Triggering of various cell-surface receptors leads to assembly of a multimolecular complex that includes the RING (really interesting new gene)-type E3 ligase TRAF6 (tumour-necrosis-factor receptor (TNFR)-associated factor 6). TRAF6 recruits the ubiquitin-loaded E2 ubiquitin-conjugating enzyme 13 (UBC13) and promotes K63 (Lys63)-linked polyubiquitylation of IKK-γ (inhibitor of NF-κB (IκB) kinase-γ) and activation of the IKK complex. Phosphorylation of IκB by the IKK complex recruits an SCF complex (S-phase kinase-associated protein 1 (SKP1)–cullin-1 (CUL1)–F-box-protein complex), which is an E3 ligase that induces K48-linked polyubiquitylation of IκB. This results in the proteasome-dependent degradation of IκB and the release of NF-κB (nuclear factor-κB), which is required for the transactivation of genes by NF-κB. BCL-10, B-cell lymphoma 10; CARMA1, caspase-recruitment domain (CARD)–membrane-associated guanylate kinase (MAGUK) protein 1; IL-1R, interleukin-1 receptor; IRAK, IL-1R-associated kinase; MALT1, mucosa-associated-lymphoid-tissue lymphoma-translocation gene 1; MyD88, myeloid differentiation primary-response protein 88; PDK1, 3-phosphoinositide-dependent protein kinase 1; PKC-θ, protein kinase C-θ; RIP1, receptor-interacting protein 1; TCR, T-cell receptor; TLR, Toll-like receptor; TRADD, TNFR-associated via death domain; TRIF, Toll/IL-1R (TIR)-domain-containing adaptor protein inducing interferon-β.

Figure 5. A20 as a dual enzyme in NF-κB signalling.

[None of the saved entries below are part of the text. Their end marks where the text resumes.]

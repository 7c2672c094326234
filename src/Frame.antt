-- ===== src/Frame.antt =====
-- crates/core/src/transport/frame.rs: the frames between peers and their codec. `[u8; 16]` is a
-- list of bytes. The CBOR of a payload struct is the library ciborium's: a parameter.
pub mod RoundTrip
pub mod Decoding
mod Tests
use skattr.Base.{
  ℕ, suc, ◌+◌, ◌≡◌, Bool, true, false, List, [], ◌∷◌, ◌++◌, Option, none, some, Bytes, length, ltb,
  ◌==◌, if◌then◌else◌,
}
use skattr.Wire.{
  Serde, max_frame_size, Head, incomplete, zero_length, too_large, whole, head, put_frame,
}

pub data FrameType : Type 0 where
  noise_init noise_resp mls_welcome mls_commit mls_app ack ping pong bye error : FrameType
  chunk_request chunk chunk_nack attachment_complete : FrameType

-- `FrameType as u8`
unfoldable pub type_byte : FrameType → ℕ
type_byte noise_init = 0x01
type_byte noise_resp = 0x02
type_byte mls_welcome = 0x03
type_byte mls_commit = 0x04
type_byte mls_app = 0x05
type_byte ack = 0x06
type_byte ping = 0x07
type_byte pong = 0x08
type_byte bye = 0x09
type_byte error = 0x0A
type_byte chunk_request = 0x0B
type_byte chunk = 0x0C
type_byte chunk_nack = 0x0D
type_byte attachment_complete = 0x0E

pub data Frame : Type 0 where
  noise_init noise_resp mls_welcome mls_commit mls_app : Bytes → Frame
  ack : Bytes → Frame
  ping pong bye : Frame
  error : (code : ℕ) (message : Bytes) → Frame
  chunk_request : (attachment_id : Bytes) (index : ℕ) → Frame
  chunk : (attachment_id : Bytes) (index : ℕ) (ciphertext : Bytes) → Frame
  chunk_nack : (attachment_id : Bytes) (index reason : ℕ) → Frame
  attachment_complete : (attachment_id : Bytes) → Frame

unfoldable pub frame_type : Frame → FrameType
frame_type (noise_init _) = noise_init
frame_type (noise_resp _) = noise_resp
frame_type (mls_welcome _) = mls_welcome
frame_type (mls_commit _) = mls_commit
frame_type (mls_app _) = mls_app
frame_type (ack _) = ack
frame_type ping = ping
frame_type pong = pong
frame_type bye = bye
frame_type (error _ _) = error
frame_type (chunk_request _ _) = chunk_request
frame_type (chunk _ _ _) = chunk
frame_type (chunk_nack _ _ _) = chunk_nack
frame_type (attachment_complete _) = attachment_complete

-- The payload structs that ciborium writes and reads.
pub record ErrorPayload : Type 0 where
  pub code : ℕ
  pub message : Bytes

pub record ChunkRequestPayload : Type 0 where
  pub attachment_id : Bytes
  pub index : ℕ

pub record ChunkPayload : Type 0 where
  pub attachment_id : Bytes
  pub index : ℕ
  pub ciphertext : Bytes

pub record ChunkNackPayload : Type 0 where
  pub attachment_id : Bytes
  pub index : ℕ
  pub reason : ℕ

pub record AttachmentCompletePayload : Type 0 where
  pub attachment_id : Bytes

pub record Cbor : Type 0 where
  pub error_payload : Serde ErrorPayload
  pub chunk_request_payload : Serde ChunkRequestPayload
  pub chunk_payload : Serde ChunkPayload
  pub chunk_nack_payload : Serde ChunkNackPayload
  pub attachment_complete_payload : Serde AttachmentCompletePayload

-- `CoreError::Frame` with what its message tells apart.
pub data FrameError : Type 0 where
  zero_length_frame : FrameError
  frame_too_large : ℕ → FrameError
  ack_length : ℕ → FrameError
  cbor_decode : FrameType → FrameError
  nonempty : FrameType → FrameError
  unknown_type : ℕ → FrameError
  cbor_encode : FrameType → FrameError
  encoded_too_large : ℕ → FrameError

pub data Result {ℓ} (A : Type ℓ) : Type ℓ where
  ok : A → Result A
  err : FrameError → Result A

infixl 5 ◌>>=◌
abbrev pub ◌>>=◌ {ℓ κ} : {A : Type ℓ} {B : Type κ} → Result A → (A → Result B) → Result B
ok a >>= f = f a
err e >>= f = err e

abbrev pub ok_or {ℓ} : {A : Type ℓ} → Option A → FrameError → Result A
ok_or none e = err e
ok_or (some a) e = ok a

abbrev only_empty : FrameType → Bytes → Frame → Result Frame
only_empty t [] f = ok f
only_empty t (b ∷ bs) f = err (nonempty t)

module _ (cbor : Cbor) where
  -- The match on the type byte.
  unfoldable pub parse : ℕ → Bytes → Result Frame
  parse t payload =
      if t == 0x01
      then ok (noise_init payload)
      else if t == 0x02
      then ok (noise_resp payload)
      else if t == 0x03
      then ok (mls_welcome payload)
      else if t == 0x04
      then ok (mls_commit payload)
      else if t == 0x05
      then ok (mls_app payload)
      else if t == 0x06
      then (if length payload == 16 then ok (ack payload) else err (ack_length (length payload)))
      else if t == 0x0A
      then (do
        p ← ok_or (cbor.error_payload.from_reader payload) (cbor_decode error)
        ok (error p.code p.message))
      else if t == 0x07
      then only_empty ping payload ping
      else if t == 0x08
      then only_empty pong payload pong
      else if t == 0x09
      then only_empty bye payload bye
      else if t == 0x0B
      then (do
        p ← ok_or (cbor.chunk_request_payload.from_reader payload) (cbor_decode chunk_request)
        ok (chunk_request p.attachment_id p.index))
      else if t == 0x0C
      then (do
        p ← ok_or (cbor.chunk_payload.from_reader payload) (cbor_decode chunk)
        ok (chunk p.attachment_id p.index p.ciphertext))
      else if t == 0x0D
      then (do
        p ← ok_or (cbor.chunk_nack_payload.from_reader payload) (cbor_decode chunk_nack)
        ok (chunk_nack p.attachment_id p.index p.reason))
      else if t == 0x0E
      then (do
        p ←
            ok_or (cbor.attachment_complete_payload.from_reader payload)
              (cbor_decode attachment_complete)
        ok (attachment_complete p.attachment_id))
      else err (unknown_type t)

  -- `decode(&mut self, src)`: the buffer after the call, and its result.
  unfoldable pub decode : Bytes → Bytes × Result (Option Frame)
  decode src = elim (head src) [
    | incomplete ↦ (src, ok none)
    | zero_length ↦ (src, err zero_length_frame)
    | too_large len ↦ (src, err (frame_too_large len))
    | whole t payload rest ↦ (rest, (do frame ← parse t payload; ok (some frame)))
  ]

  -- The type byte and payload of the frame to write.
  unfoldable pub body : Frame → Result (ℕ × Bytes)
  body ping = ok (0x07, [])
  body pong = ok (0x08, [])
  body bye = ok (0x09, [])
  body (ack id) = ok (0x06, id)
  body (noise_init p) = ok (0x01, p)
  body (noise_resp p) = ok (0x02, p)
  body (mls_welcome p) = ok (0x03, p)
  body (mls_commit p) = ok (0x04, p)
  body (mls_app p) = ok (0x05, p)
  body (error code message) = do
    buf ←
        ok_or (cbor.error_payload.into_writer (record { code = code; message = message }))
          (cbor_encode error)
    ok (0x0A, buf)
  body (chunk_request id index) = do
    buf ←
        ok_or
          (cbor.chunk_request_payload.into_writer (record { attachment_id = id; index = index }))
          (cbor_encode chunk_request)
    ok (0x0B, buf)
  body (chunk id index ciphertext) = do
    buf ←
        ok_or
          (cbor.chunk_payload.into_writer
            (record { attachment_id = id; index = index; ciphertext = ciphertext }))
          (cbor_encode chunk)
    ok (0x0C, buf)
  body (chunk_nack id index reason) = do
    buf ←
        ok_or
          (cbor.chunk_nack_payload.into_writer
            (record { attachment_id = id; index = index; reason = reason }))
          (cbor_encode chunk_nack)
    ok (0x0D, buf)
  body (attachment_complete id) = do
    buf ←
        ok_or (cbor.attachment_complete_payload.into_writer (record { attachment_id = id }))
          (cbor_encode attachment_complete)
    ok (0x0E, buf)

  -- The cap, and the bytes appended to `dst`.
  unfoldable pub append_body : Bytes → ℕ × Bytes → Result Bytes
  append_body dst (t, payload) =
      let len = 1 + length payload in
      if ltb max_frame_size len
      then err (encoded_too_large len)
      else ok (dst ++ put_frame t payload)

  -- `encode(&mut self, item, dst)`: `dst` after a successful call; an error leaves it as it was.
  unfoldable pub encode : Frame → Bytes → Result Bytes
  unfolding append_body
  encode item dst = do (t, payload) ← body item; append_body dst (t, payload)
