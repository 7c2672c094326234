-- ===== src/Wire/Framing.antt =====
-- Whole, partial and oversized frames at the head of a buffer.
use mathlib.Core.List.{append_assoc}
use skattr.Base.{
  take-append-drop, All, IsByte, ℕ, ◌+◌, ◌-◌, ◌*◌, ◌/◌, ◌%◌, ◌^◌, ◌≤◌, ◌<◌, ◌≡◌, refl, ap, sym,
  subst, ◌⊎◌, inl, inr, ltb, ◌==◌, if◌then◌else◌, Bool-cases, ◌∙◌, List, [], ◌∷◌, ◌++◌, Bytes,
  length, length-append, take, drop, length-take, length-drop, arith,
}
use skattr.Wire.{
  max_frame_size, from_be, to_be, Head, incomplete, zero_length, too_large, whole, split,
  check_length, head, put_frame,
}

-- `from_be` undoes `to_be` on a u32.
pub head-to_be :
    (n : ℕ) (rest : Bytes) → n < 4294967296 → head (to_be n ++ rest) ≡ check_length n rest
unfolding head to_be from_be
head-to_be n rest h = ap (λ (k : ℕ). check_length k rest) same
  where
    same :
        n / 2 ^ 24 % 256 * 2 ^ 24 + n / 2 ^ 16 % 256 * 2 ^ 16 + n / 2 ^ 8 % 256 * 2 ^ 8 + n % 256
        ≡ n
    same = omega arith

module _ {ℓ} {A : Type ℓ} where
  pub take-append : (xs ys : List A) → take (length xs) (xs ++ ys) ≡ xs
  take-append [] ys = refl
  take-append (x ∷ xs) ys = ap (◌∷◌ x) (take-append xs ys)

  pub drop-append : (xs ys : List A) → drop (length xs) (xs ++ ys) ≡ ys
  drop-append [] ys = refl
  drop-append (x ∷ xs) ys = drop-append xs ys

split-whole :
    (t : ℕ) (payload rest : Bytes)
    → split (1 + length payload) (t ∷ (payload ++ rest)) ≡ whole t payload rest
unfolding split
split-whole t payload rest =
    rw (let e : 1 + length payload - 1 ≡ length payload = omega arith in e)
      (rw (take-append payload rest, drop-append payload rest))

check_length-whole :
    (t : ℕ) (payload rest : Bytes)
    → 1 + length payload ≤ max_frame_size
    → check_length (1 + length payload) (t ∷ (payload ++ rest)) ≡ whole t payload rest
unfolding check_length
check_length-whole t payload rest h =
    ground (arith, split-whole t payload rest, length-append payload rest)

-- A frame within the cap, written in front of any bytes, is read back and leaves those bytes.
pub head-put_frame :
    (t : ℕ) (payload rest : Bytes)
    → 1 + length payload ≤ max_frame_size
    → head (put_frame t payload ++ rest) ≡ whole t payload rest
unfolding put_frame
head-put_frame t payload rest h =
    rw (append_assoc (to_be (1 + length payload)) (t ∷ payload) rest) (
      head-to_be (1 + length payload) (t ∷ (payload ++ rest)) (omega arith)
      ∙ check_length-whole t payload rest h)

check_length_short :
    (n : ℕ) (rest : Bytes)
    → 0 < n
    → n ≤ max_frame_size
    → length rest < n
    → check_length n rest ≡ incomplete
unfolding check_length
check_length_short n rest pos h short = ground arith

-- Strictly fewer bytes than the frame has are never taken for a frame.
pub head_prefix :
    (t : ℕ) (payload front back : Bytes) (x : ℕ)
    → 1 + length payload ≤ max_frame_size
    → put_frame t payload ≡ front ++ (x ∷ back)
    → head front ≡ incomplete
unfolding put_frame head to_be
head_prefix t payload [] back x h e = refl
head_prefix t payload (a ∷ []) back x h e = refl
head_prefix t payload (a ∷ b ∷ []) back x h e = refl
head_prefix t payload (a ∷ b ∷ c ∷ []) back x h e = refl
head_prefix t payload (a ∷ b ∷ c ∷ d ∷ rest) back x h e =
    subst (λ bs. head (bs ++ rest) ≡ incomplete) (ap (take 4) e)
      (head-to_be (1 + length payload) rest (omega arith)
        ∙ check_length_short (1 + length payload) rest (omega arith) h short)
  where
    short : length rest < 1 + length payload
    short = omega (arith, ap (λ (bs : Bytes). length (drop 4 bs)) e, length-append rest (x ∷ back))

check_length_fits :
    (n : ℕ) (src : Bytes) (t : ℕ) (payload rest : Bytes)
    → check_length n src ≡ whole t payload rest
    → (length src ≡ 1 + length payload + length rest) × (1 + length payload ≤ max_frame_size)
unfolding check_length split
check_length_fits n [] t payload rest e = ground arith
check_length_fits n (b ∷ bs) t payload rest e =
    ground (arith, length-take (n - 1) bs, length-drop (n - 1) bs)

-- What a buffer shrinks by: the four bytes of the length field, and as many as that says.
pub head-whole :
    (src : Bytes) (t : ℕ) (payload rest : Bytes)
    → head src ≡ whole t payload rest
    → (length src ≡ 5 + length payload + length rest) × (1 + length payload ≤ max_frame_size)
unfolding head
head-whole [] t payload rest e = cc
head-whole (a ∷ []) t payload rest e = cc
head-whole (a ∷ b ∷ []) t payload rest e = cc
head-whole (a ∷ b ∷ c ∷ []) t payload rest e = cc
head-whole (a ∷ b ∷ c ∷ d ∷ src) t payload rest e =
    omega (arith, check_length_fits (from_be a b c d) src t payload rest e)

to_be-from_be :
    (a b c d : ℕ)
    → IsByte a
    → IsByte b
    → IsByte c
    → IsByte d
    → to_be (from_be a b c d) ≡ a ∷ b ∷ c ∷ d ∷ []
unfolding to_be from_be
to_be-from_be a b c d ha hb hc hd = ground (arith, top, third, second, last)
  where
    n : ℕ
    n = a * 2 ^ 24 + b * 2 ^ 16 + c * 2 ^ 8 + d

    top : n / 2 ^ 24 % 256 ≡ a
    top = omega arith

    third : n / 2 ^ 16 % 256 ≡ b
    third = omega arith

    second : n / 2 ^ 8 % 256 ≡ c
    second = omega arith

    last : n % 256 ≡ d
    last = omega arith

check_length-whole_inv :
    (n : ℕ) (src : Bytes) (t : ℕ) (payload rest : Bytes)
    → check_length n src ≡ whole t payload rest
    → (n ≡ 1 + length payload) × (src ≡ t ∷ (payload ++ rest))
unfolding check_length split
check_length-whole_inv n [] t payload rest e = ground arith
check_length-whole_inv n (b ∷ bs) t payload rest e =
    ground (arith, length-take (n - 1) bs, take-append-drop (n - 1) bs)

-- A buffer of bytes that holds a whole frame is that frame, as it is written, and the rest.
pub put_frame-head :
    (src : Bytes) (t : ℕ) (payload rest : Bytes)
    → All IsByte src
    → head src ≡ whole t payload rest
    → src ≡ put_frame t payload ++ rest
unfolding head put_frame
put_frame-head [] t payload rest h e = cc
put_frame-head (a ∷ []) t payload rest h e = cc
put_frame-head (a ∷ b ∷ []) t payload rest h e = cc
put_frame-head (a ∷ b ∷ c ∷ []) t payload rest h e = cc
put_frame-head (a ∷ b ∷ c ∷ d ∷ src) t payload rest (ha, (hb, (hc, (hd, _)))) e =
    let (n, s) = check_length-whole_inv (from_be a b c d) src t payload rest e in
    rw (← n, to_be-from_be a b c d ha hb hc hd, s)

-- The buffer starts with a length field, of which and of what follows it `P` holds.
abbrev pub Field : Bytes → (ℕ → Bytes → Type 0) → Type 0
Field src P =
    (a : ℕ) × (b : ℕ) × (c : ℕ) × (d : ℕ) × (rest : Bytes) × (src ≡ a ∷ b ∷ c ∷ d ∷ rest)
    × P (from_be a b c d) rest

-- What each head says of the length field and of what follows it.
abbrev pub IsHead : Head → ℕ → Bytes → Type 0
IsHead incomplete n rest = (0 < n) × (n ≤ max_frame_size) × (length rest < n)
IsHead zero_length n rest = n ≡ 0
IsHead (too_large m) n rest = (m ≡ n) × (max_frame_size < n)
IsHead (whole t payload left) n rest =
    (n ≡ 1 + length payload) × (rest ≡ t ∷ (payload ++ left)) × (n ≤ max_frame_size)

split-IsHead :
    (n : ℕ) (rest : Bytes)
    → 0 < n
    → n ≤ max_frame_size
    → n ≤ length rest
    → IsHead (split n rest) n rest
unfolding split
split-IsHead n [] pos fits long = absurd (omega (arith, pos, long))
split-IsHead n (t ∷ rest) pos fits long = (
  omega (arith, pos, long, length-take (n - 1) rest),
  ap (◌∷◌ t) (sym (take-append-drop (n - 1) rest)),
  fits,
)

check_length-IsHead : (n : ℕ) (rest : Bytes) → IsHead (check_length n rest) n rest
unfolding check_length
check_length-IsHead n rest = elim (Bool-cases (n == 0)) [
  | inl z ↦ rw (z, if◌then◌else◌) (ground (arith, z))
  | inr nz ↦ elim (Bool-cases (ltb max_frame_size n)) [
    | inl large ↦ rw (nz, large, if◌then◌else◌) (refl, ground (arith, large))
    | inr fits ↦ elim (Bool-cases (ltb (length rest) n)) [
      | inl short ↦
          rw (nz, fits, short, if◌then◌else◌)
            (ground (arith, nz), ground (arith, fits), ground (arith, short))
      | inr long ↦
          rw (nz, fits, long, if◌then◌else◌)
            (split-IsHead n rest (ground (arith, nz)) (ground (arith, fits)) (ground (arith, long)))
    ]
  ]
]

-- A buffer without four bytes has no length field.
pub head-Field :
    (src : Bytes) → ((length src < 4) × (head src ≡ incomplete)) ⊎ Field src (IsHead (head src))
unfolding head
head-Field [] = inl (omega arith, refl)
head-Field (a ∷ []) = inl (omega arith, refl)
head-Field (a ∷ b ∷ []) = inl (omega arith, refl)
head-Field (a ∷ b ∷ c ∷ []) = inl (omega arith, refl)
head-Field (a ∷ b ∷ c ∷ d ∷ rest) =
    inr (a, b, c, d, rest, refl, check_length-IsHead (from_be a b c d) rest)
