-- ===== src/Frame/Decoding.antt =====
-- The frame decoder on any buffer.
use skattr.Base.{
  ℕ, ◌<◌, ◌≡◌, ◌≢◌, ◌⊎◌, inl, inr, refl, subst, [], ◌∷◌, ◌++◌, none, some, Bytes, length, arith,
  Bool, true, false, Option, All, IsByte,
}
use skattr.Wire.{put_frame, Head, head, incomplete, zero_length, too_large, whole}
use skattr.Wire.Framing.{put_frame-head, head-whole, Field, IsHead, head-Field}
use skattr.Frame.{
  Frame, Cbor, ◌>>=◌, Result, ok, err, parse, decode, body, encode, append_body, error,
  chunk_request, chunk, chunk_nack, attachment_complete, zero_length_frame, frame_too_large,
  frame_type, type_byte,
}

-- The frames whose payload is no CBOR.
abbrev pub is_plain : Frame → Bool
is_plain (error _ _) = false
is_plain (chunk_request _ _) = false
is_plain (chunk _ _ _) = false
is_plain (chunk_nack _ _ _) = false
is_plain (attachment_complete _) = false
is_plain _ = true

module _ (cbor : Cbor) where
  body-parse :
      (t : ℕ) (payload : Bytes) (f : Frame)
      → parse cbor t payload ≡ ok f
      → is_plain f ≡ true
      → body cbor f ≡ ok (t, payload)
  unfolding parse body
  body-parse t [] f e h = ground arith
  body-parse t (b ∷ bs) f e h = ground arith

  parse-type_byte :
      (t : ℕ) (payload : Bytes) (f : Frame)
      → parse cbor t payload ≡ ok f
      → t ≡ type_byte (frame_type f)
  unfolding parse type_byte frame_type
  parse-type_byte t [] f e = ground arith
  parse-type_byte t (b ∷ bs) f e = ground arith

  decoded-ne-none :
      (t : ℕ) (payload : Bytes) → (parse cbor t payload >>= λ f. ok (some f)) ≢ ok none
  decoded-ne-none t payload = go (parse cbor t payload)
    where
      go : (r : Result Frame) → (r >>= λ f. ok (some f)) ≢ ok none
      go (ok f) = λ e. cc
      go (err x) = λ e. cc

  -- What a call of `decode` has done with the buffer `src`: it waits, because the length field or what
  -- that announces is not there yet; it refuses the length field; or it has taken the length field, the
  -- type byte and all the payload, and the result is that of `parse`.
  abbrev pub Decoded : Bytes → Bytes × Result (Option Frame) → Type 0
  Decoded src (left, r) =
      ((left ≡ src) × (r ≡ ok none) × ((length src < 4) ⊎ Field src (IsHead incomplete)))
      ⊎ (((left ≡ src) × (r ≡ err zero_length_frame) × Field src (IsHead zero_length))
          ⊎ (((left ≡ src)
                × ((n : ℕ) × (r ≡ err (frame_too_large n)) × Field src (IsHead (too_large n))))
              ⊎ ((t : ℕ) × (payload : Bytes) × Field src (IsHead (whole t payload left))
                  × (r ≢ ok none)
                  × (r ≡ (parse cbor t payload >>= λ f. ok (some f))))))

  -- A call of `decode` takes nothing where it waits, because the four bytes of the length field,
  -- or as many bytes as a field of 1 to 16 MiB announces, are not there yet, or where it refuses
  -- a field of zero or above 16 MiB; otherwise it takes the field and just the bytes that the
  -- field counts, type byte and payload, and gives a frame or an error, as `parse` does of these.
  pub decode_progress : (src : Bytes) → Decoded src (decode cbor src)
  unfolding decode
  decode_progress src = go (head src) refl (head-Field src)
    where
      go :
          (h : Head)
          → head src ≡ h
          → ((length src < 4) × (head src ≡ incomplete)) ⊎ Field src (IsHead (head src))
          → Decoded src (decode cbor src)
      go h e (inl (short, i)) = rw (i, decode) (inl (refl, refl, inl short))
      go incomplete e (inr f) =
          rw (e, decode) (inl (refl, refl, inr (subst (λ x. Field src (IsHead x)) e f)))
      go zero_length e (inr f) =
          rw (e, decode) (inr (inl (refl, refl, subst (λ x. Field src (IsHead x)) e f)))
      go (too_large n) e (inr f) =
          rw (e, decode) (inr (inr (inl (refl, (n, refl, subst (λ x. Field src (IsHead x)) e f)))))
      go (whole t payload rest) e (inr f) =
          rw (e, decode)
            (inr (
              inr (
                inr (
                  t,
                  payload,
                  subst (λ x. Field src (IsHead x)) e f,
                  decoded-ne-none t payload,
                  refl,
                ))))

  decode_inv :
      (src rest : Bytes) (f : Frame)
      → decode cbor src ≡ (rest, ok (some f))
      → (p : ℕ × Bytes) × (head src ≡ whole p.0 p.1 rest) × (parse cbor p.0 p.1 ≡ ok f)
  unfolding decode
  decode_inv src rest f e = go (head src) refl
    where
      goal : Type 0
      goal = (p : ℕ × Bytes) × (head src ≡ whole p.0 p.1 rest) × (parse cbor p.0 p.1 ≡ ok f)

      go : (h : Head) → head src ≡ h → goal
      go incomplete h = absurd (ground arith)
      go zero_length h = absurd (ground arith)
      go (too_large n) h = absurd (ground arith)
      go (whole t payload rest') h = ((t, payload), ground arith, ground arith)

  -- A frame without CBOR has one encoding: when bytes decode to one, `encode` writes the very bytes
  -- that were consumed.
  pub encode-decode :
      (src rest : Bytes) (f : Frame)
      → All IsByte src
      → is_plain f ≡ true
      → decode cbor src ≡ (rest, ok (some f))
      → (written : Bytes) × (encode cbor f [] ≡ ok written) × (src ≡ written ++ rest)
  unfolding encode append_body
  encode-decode src rest f bytes plain e =
      let ((t, payload), h, p) = decode_inv src rest f e in
      let b = body-parse t payload f p plain in
      let (_, fits) = head-whole src t payload rest h in
      (put_frame t payload, ground arith, put_frame-head src t payload rest bytes h)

A | Stimulation through tumour-necrosis factor (TNF) receptors (TNFRs) causes TNFR-associated factor 2 (TRAF2)-mediated K63 (Lys63)-linked polyubiquitylation of receptor-interacting protein 1 (RIP1) (a), which results in the downstream activation of nuclear factor-κB (NF-κB). A20 then functions first as a de-ubiquitylating enzyme to remove K63-linked polyubiquitin chains (b), which terminates TNF-mediated signalling (c). At this stage, A20 then functions as an E3 ligase through recruitment of the ubiquitin-bound E2 ubiquitin-conjugating enzyme H5 (UBCH5), facilitating the transfer of ubiquitin from UBCH5 to RIP1 and promoting K48-linked polyubiquitylation of RIP1 (d) and subsequent degradation of RIP1. B | A20 also functions as a de-ubiquitylating enzyme to remove K63-linked polyubiquitin chains from TRAF6, a mediator of Toll-like receptor (TLR) signalling. TRADD, TNFR-associated via death domain; TRIF, Toll/interleukin-1 receptor (TIR)-domain-containing adaptor protein inducing interferon-β.

Figure 6. SOCS1 as a component of the E3 ligase the ECS complex.

Triggering of interferon (IFN) or interleukin-6 (IL-6) receptors results in the recruitment and activation of Janus kinases (JAKs) and, subsequently, in the phosphorylation of downstream signal transducer and activator of transcription (STAT) proteins. Activated JAKs also associate with suppressor of cytokine signalling 1 (SOCS1) through the SRC homology 2 (SH2) domain of SOCS1. The SOCS-box domain of SOCS1 forms a complex with the elongin-B–elongin-C complex and cullin-5 (CUL5), to form an ECS complex (elongin-B–elongin-C–CUL5–SOCS-protein complex), which is an E3 ligase that promotes polyubiquitylation and degradation of JAKs and inhibits STAT-mediated gene transcription. RBX2, RING (really interesting new gene)-box-2.